- **INSTRUCTIONS TO FOLLOW**: Using the records below, output the stretch that opens with the line containing "pub data TreeNodes : Type 0 where" and closes with the line containing "A nil graph", exactly and including both lines, with nothing more.

- **DATA FOR THE TASK**:
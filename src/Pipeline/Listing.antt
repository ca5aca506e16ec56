-- ===== src/Pipeline/Listing.antt =====
-- verifier/pipeline/graph.go: the views of a graph for display, `Tree` and `FQNs`.
use zero_trust_service.Common.{String, Option, none, some, List, [], map}
use zero_trust_service.Common.Texts.{sort_texts}
use zero_trust_service.Pipeline.Graph.{
  NodeKind, kind_pipeline, kind_stage, kind_step_group, kind_step, kind_parallel, kind_rollback,
  GraphNode, graph_node, Children, no_more, child_then,
}
use zero_trust_service.Pipeline.Lookup.{PipelineGraph}

pub record TreeLabel : Type 0 where
  pub kind : String
  pub id : String
  pub fqn : String
  pub type_name : String

-- `TreeNode`, with the fields that are no nodes in a record.
mutual
  pub data TreeNode : Type 0 where
    tree_node : TreeLabel → TreeNodes → TreeNode

  pub data TreeNodes : Type 0 where
    no_trees : TreeNodes
    tree_then : TreeNode → TreeNodes → TreeNodes

-- `nodeKind.String`.
unfoldable pub kind_name : NodeKind → String
kind_name kind_pipeline = "pipeline"
kind_name kind_stage = "stage"
kind_name kind_step_group = "stepGroup"
kind_name kind_step = "step"
kind_name kind_parallel = "parallel"
kind_name kind_rollback = "rollback"

-- `toTree`.
unfoldable mutual
  unfolding kind_name

  pub to_tree : GraphNode → TreeNode
  to_tree (graph_node i cs _) =
      tree_node
        (record { kind = kind_name i.kind; id = i.id; fqn = i.fqn; type_name = i.step_type })
        (to_trees cs)

  pub to_trees : Children → TreeNodes
  to_trees no_more = no_trees
  to_trees (child_then n cs) = tree_then (to_tree n) (to_trees cs)

-- `Tree`. A nil graph is `none`.
unfoldable pub tree : Option PipelineGraph → TreeNode
unfolding to_tree
tree none = tree_node (record { kind = ""; id = ""; fqn = ""; type_name = "" }) no_trees
tree (some g) = to_tree g.root

-- `FQNs`. A nil slice is the empty list.
unfoldable pub fqns : Option PipelineGraph → List String
unfolding sort_texts
fqns none = []
fqns (some g) = sort_texts (map (λ entry. entry.0) g.by_fqn)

- **SOLUTION TO THE EXERCISE**:
  pub data TreeNodes : Type 0 where
    no_trees : TreeNodes
    tree_then : TreeNode → TreeNodes → TreeNodes

-- `nodeKind.String`.
unfoldable pub kind_name : NodeKind → String
kind_name kind_pipeline = "pipeline"
kind_name kind_stage = "stage"
kind_name kind_step_group = "stepGroup"
kind_name kind_step = "step"
kind_name kind_parallel = "parallel"
kind_name kind_rollback = "rollback"

-- `toTree`.
unfoldable mutual
  unfolding kind_name

  pub to_tree : GraphNode → TreeNode
  to_tree (graph_node i cs _) =
      tree_node
        (record { kind = kind_name i.kind; id = i.id; fqn = i.fqn; type_name = i.step_type })
        (to_trees cs)

  pub to_trees : Children → TreeNodes
  to_trees no_more = no_trees
  to_trees (child_then n cs) = tree_then (to_tree n) (to_trees cs)

-- `Tree`. A nil graph is `none`.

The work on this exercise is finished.